そう言うと、俺はメイジーの手を両手で握った。


「そ、そんなもったいないお言葉ですわ……!し、失礼します!」


メイジーは耳を真っ赤にして走っていった。



「イチャイチャして楽しそうだよね」



「は?」


横で見ていたカトリーナが突っかかってくる。


「サタンも美人にすり寄られて鼻の下伸ばしちゃってさ。

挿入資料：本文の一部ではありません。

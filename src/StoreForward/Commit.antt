-- ===== src/StoreForward/Commit.antt =====
-- The committing half of `pop` of logger/firmware/src/StoreForwardQueue.cpp: the head advances, the
-- metadata is saved, and an emptied segment is reclaimed.
use mathlib.Core.List.{append_assoc}
use devices.Prelude.{
  ℕ, ◌+◌, ◌-◌, ◌<◌, ◌≡◌, refl, sym, ap, ◌∙◌, Bool, true, false, List, [], ◌∷◌, ◌++◌, ◌⊎◌, inl, inr,
  arith, length, length-append, Bool-cases, ◌==◌,
}
use devices.Prelude.Words.{u32}
use devices.StoreForward.Fs.{Fs, FilePath, IsFs, Segment, segment_path}
use devices.StoreForward.Format.{at, other, header_bytes}
use devices.StoreForward.Types.{Queue}
use devices.StoreForward.Reading.{encode_record, length-encode_record}
use devices.StoreForward.Contents.{
  encode_records, Holds, Holds-cast, Holds-empty, at-put_self, at-put-other,
}
use devices.StoreForward.Metadata.{save_metadata}
use devices.StoreForward.Segments.{truncate_segment}
use mathlib.Core.Path.{subst}
use devices.StoreForward.Queue.{advance, restore, reclaim, commit_pop}
use devices.StoreForward.Saving.{
  save_metadata-queue, save_metadata-content, truncate_segment-queue, truncate_segment-content,
  truncate_segment-other,
}
use devices.StoreForward.Held.{TwoHold, SameHeld, TwoHold-same, fail-SameHeld}

-- A segment whose head has moved past its first record.
Holds-advance :
    {bytes : List ℕ} {head tail count : ℕ} (p : List ℕ) {ps : List (List ℕ)}
    → Holds bytes head tail count (p ∷ ps)
    → tail < 2147483648
    → Holds bytes (u32 (head + (header_bytes + length p))) tail (count - 1) ps
Holds-advance {bytes} p {ps} v small = record {
  skipped = v.skipped ++ encode_record p;
  bytes_eq = v.bytes_eq ∙ sym (append_assoc v.skipped (encode_record p) (encode_records ps));
  head_eq = omega (
    arith,
    v.head_eq,
    v.tail_eq,
    ap length v.bytes_eq,
    length-append v.skipped (encode_record p ++ encode_records ps),
    length-append v.skipped (encode_record p),
    length-append (encode_record p) (encode_records ps),
    length-encode_record p,
  );
  tail_eq = v.tail_eq;
  count_eq = omega (arith, v.count_eq);
  payloads = v.payloads.1;
}

module _ {W : Type 0} (content : FilePath → W → List ℕ) where
  pub advance-TwoHold :
      (q : Queue) (w : W) (s : Segment) (p : List ℕ) (ps b : List (List ℕ)) (discarded : Bool)
      → TwoHold content q w s (p ∷ ps) b
      → TwoHold content (advance s (length p) discarded q) w s ps b
  advance-TwoHold q w s p ps b discarded v = record {
    first_held =
        Holds-cast refl (at-put_self q.metadata.head s _) refl (at-put_self q.count s _)
          (Holds-advance p v.first_held (omega arith));
    second_held =
        Holds-cast refl (at-put-other q.metadata.head s _) refl (at-put-other q.count s _)
          v.second_held;
    is_ready = v.is_ready;
    bounded = v.bounded;
    first_fits = v.first_fits;
    second_fits = v.second_fits;
  }

module _ {W R : Type 0} (fs : Fs W R) {whole rest : R → List ℕ} {content : FilePath → W → List ℕ}
    (is_fs : IsFs fs whole rest content) where
  save-SameHeld :
      (q : Queue) (w : W) → SameHeld content q (save_metadata fs q w).1 w (save_metadata fs q w).2
  save-SameHeld q w =
      let same = save_metadata-queue fs q w in
      record {
        head_same = ap (λ r. r.metadata.head) same;
        tail_same = ap (λ r. r.tail) same;
        count_same = ap (λ r. r.count) same;
        ready_same = ap (λ r. r.ready) same;
        maximum_same = ap (λ r. r.segment_maximum_bytes) same;
        content_same = λ s. save_metadata-content fs is_fs s q w;
      }

  -- A truncation that fails changes nothing but the error.
  truncate_fails-SameHeld :
      (s : Segment) (q : Queue) (w : W)
      → (truncate_segment fs s q w).0 ≡ false
      → SameHeld content q (truncate_segment fs s q w).1 w (truncate_segment fs s q w).2
  unfolding truncate_segment
  truncate_fails-SameHeld s q w e = record {
    head_same = ground arith;
    tail_same = ground arith;
    count_same = ground arith;
    ready_same = ground arith;
    maximum_same = ground arith;
    content_same = λ t. ground (arith, is_fs.open_write_fails (segment_path s) (segment_path t) w);
  }

  -- A segment with no record left stays so when it is truncated.
  truncate-TwoHold :
      (s : Segment) (q : Queue) (w : W) (b : List (List ℕ))
      → TwoHold content q w s [] b
      → (truncate_segment fs s q w).0 ≡ true
      → TwoHold content (truncate_segment fs s q w).1 (truncate_segment fs s q w).2 s [] b
  truncate-TwoHold s q w b v done = rw (truncate_segment-queue fs s q w done) (record {
    first_held =
        Holds-cast refl (at-put_self q.metadata.head s 0) (at-put_self q.tail s 0)
          (at-put_self q.count s 0) (Holds-empty (truncate_segment-content fs is_fs s q w done));
    second_held =
        Holds-cast (truncate_segment-other fs is_fs s q w) (at-put-other q.metadata.head s 0)
          (at-put-other q.tail s 0) (at-put-other q.count s 0) v.second_held;
    is_ready = v.is_ready;
    bounded = v.bounded;
    first_fits = rw (at-put_self q.tail s) (omega arith);
    second_fits = rw (at-put-other q.tail s) v.second_fits;
  })

  -- Taking back an advance that was not saved.
  restore-TwoHold :
      (q : Queue) (w w' : W) (s : Segment) (n : ℕ) (d : Bool) (a b : List (List ℕ)) (q₁ : Queue)
      → TwoHold content q w s a b
      → SameHeld content (advance s n d q) q₁ w w'
      → TwoHold content (restore s q q₁) w' s a b
  restore-TwoHold q w w' s n d a b q₁ v e = record {
    first_held =
        Holds-cast (e.content_same s) (at-put_self q₁.metadata.head s _)
          (ap (λ t. at t s) e.tail_same) (at-put_self q₁.count s _) v.first_held;
    second_held =
        Holds-cast (e.content_same (other s))
          (at-put-other q₁.metadata.head s _
            ∙ (ap (λ h. at h (other s)) e.head_same ∙ at-put-other q.metadata.head s _))
          (ap (λ t. at t (other s)) e.tail_same)
          (at-put-other q₁.count s _
            ∙ (ap (λ c. at c (other s)) e.count_same ∙ at-put-other q.count s _))
          v.second_held;
    is_ready = e.ready_same ∙ v.is_ready;
    bounded = rw e.maximum_same v.bounded;
    first_fits = rw (e.maximum_same, e.tail_same) v.first_fits;
    second_fits = rw (e.maximum_same, e.tail_same) v.second_fits;
  }

  count_none :
      {q : Queue} {w : W} {s : Segment} (ps : List (List ℕ)) {b : List (List ℕ)}
      → TwoHold content q w s ps b
      → (at q.count s == 0) ≡ true
      → ps ≡ []
  count_none [] v e = refl
  count_none (p ∷ ps) v e = absurd (ground (arith, v.first_held.count_eq))

  reclaim-TwoHold :
      (s : Segment) (ps b : List (List ℕ)) (q : Queue) (w : W)
      → TwoHold content q w s ps b
      → TwoHold content (reclaim fs s q w).1 (reclaim fs s q w).2 s ps b
  unfolding reclaim
  reclaim-TwoHold s ps b q w v =
      let q₁ = (truncate_segment fs s q w).1 in
      let w₁ = (truncate_segment fs s q w).2 in
      let q₂ = (save_metadata fs q₁ w₁).1 in
      let w₂ = (save_metadata fs q₁ w₁).2 in
      elim (Bool-cases (at q.count s == 0)) [
        | inl last ↦ elim (Bool-cases (truncate_segment fs s q w).0) [
          | inl truncated ↦
              let emptied =
                truncate-TwoHold s q w b
                  (subst (λ l. TwoHold content q w s l b) (count_none ps v last) v) truncated in
              let kept =
                subst (λ l. TwoHold content q₂ w₂ s l b) (sym (count_none ps v last))
                  (TwoHold-same content (save-SameHeld q₁ w₁) emptied) in
              elim (Bool-cases (save_metadata fs q₁ w₁).0) [
                | inl saved ↦
                    rw (last, truncated, saved)
                      (TwoHold-same content (fail-SameHeld content q₂ w₂ "") kept)
                | inr unsaved ↦ rw (last, truncated, unsaved) kept
              ]
          | inr failed ↦
              rw (last, failed) (TwoHold-same content (truncate_fails-SameHeld s q w failed) v)
        ]
        | inr more ↦ rw more (TwoHold-same content (fail-SameHeld content q w "") v)
      ]

  -- Reclaiming leaves the active segment and the drop counter alone.
  reclaim-metadata :
      (s : Segment) (q : Queue) (w : W)
      → ((reclaim fs s q w).1.metadata.active_segment ≡ q.metadata.active_segment)
        × ((reclaim fs s q w).1.metadata.dropped_records ≡ q.metadata.dropped_records)
  unfolding reclaim truncate_segment
  reclaim-metadata s q w =
      let q₁ = (truncate_segment fs s q w).1 in
      let w₁ = (truncate_segment fs s q w).2 in
      let same = save_metadata-queue fs q₁ w₁ in
      ground
        (arith, ap (λ r. r.metadata.active_segment) same, ap (λ r. r.metadata.dropped_records) same)

  pub commit_pop-active :
      (s : Segment) (n : ℕ) (d : Bool) (q : Queue) (w : W)
      → (commit_pop fs s n d q w).1.metadata.active_segment ≡ q.metadata.active_segment
  unfolding commit_pop
  commit_pop-active s n d q w =
      let q₁ = (save_metadata fs (advance s n d q) w).1 in
      let w₁ = (save_metadata fs (advance s n d q) w).2 in
      let same = save_metadata-queue fs (advance s n d q) w in
      ground (arith, ap (λ r. r.metadata.active_segment) same, reclaim-metadata s q₁ w₁)

  -- What `commit_pop` leaves of a segment whose first record is `p`: the record is gone, and counted
  -- if it is discarded, or it is still there, nothing is counted, and the call has failed.
  pub commit_pop-TwoHold :
      (s : Segment) (p : List ℕ) (ps b : List (List ℕ)) (discarded : Bool) (q : Queue) (w : W)
      → TwoHold content q w s (p ∷ ps) b
      → let (done, q', w') = commit_pop fs s (length p) discarded q w in
        TwoHold content q' w' s ps b
          × (q'.metadata.dropped_records
              ≡ (advance s (length p) discarded q).metadata.dropped_records)
        ⊎ (done ≡ false)
          × TwoHold content q' w' s (p ∷ ps) b
          × (q'.metadata.dropped_records ≡ q.metadata.dropped_records)
  unfolding commit_pop
  commit_pop-TwoHold s p ps b discarded q w v =
      let advanced = advance s (length p) discarded q in
      let q₁ = (save_metadata fs advanced w).1 in
      let w₁ = (save_metadata fs advanced w).2 in
      let same = save-SameHeld advanced w in
      elim (Bool-cases (save_metadata fs advanced w).0) [
        | inl saved ↦
            let held =
              TwoHold-same content same (advance-TwoHold content q w s p ps b discarded v) in
            let counted =
              (reclaim-metadata s q₁ w₁).1
              ∙ ap (λ r. r.metadata.dropped_records) (save_metadata-queue fs advanced w) in
            rw saved (inl (reclaim-TwoHold s ps b q₁ w₁ held, counted))
        | inr unsaved ↦
            let held = restore-TwoHold q w w₁ s (length p) discarded (p ∷ ps) b q₁ v same in
            rw unsaved (inr (refl, held, refl))
      ]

キモいよね」


「いや、そんなこと全然ねぇよ!」


「メイジーは"給湯室へ呼び出し"しなきゃかな?」


「おい、よせよ!お局みたいなことは!」



「だって、あたしだって……」



「ん?何か言いたいことがあるのか?」


「サタンはあたしがどれだけ頑張って登録者増やしてるかなんて知らないでしょ!」


「い、いや、それは……」


「それはお前が勝手にやってることだろ」と言いそうになったが、カトリーナの泣きそうな顔を見て、言うのをやめた。


「動画の編集だって大変なんだぞ!」


「お、おう……」


「あと投げ銭に対してお礼言うのだって!」


たしかにカトリーナは事あるごとに、ポーポー公爵に向かって「○○さん、ありがとうございます〜」とか言っていた。


「そ、そうなのか……」


「お金だって、まだちょっとだけど、頑張って収益化したんだぞ!」


「わ、わかったよ……」


「わかってねーだろ!このスカタン!!」


「い、いや……」


「わかってたらメイジーにヘラヘラして、手握ったりしないだろ!?ケツ穴拭った指でよぉ〜!?」


「口悪すぎだろ!」



「もういいよ!サタンのバカーーー!!暴露系プーチューパーにDM送ってやるーー!!」



「よせよ!」


「うわーーーーん!!」


泣きながらカトリーナは走り去って行った。


「なんなんだ、あいつは……」


よくわからなかったが、ひとまず俺はF5-3駐屯地に向けて歩き出した。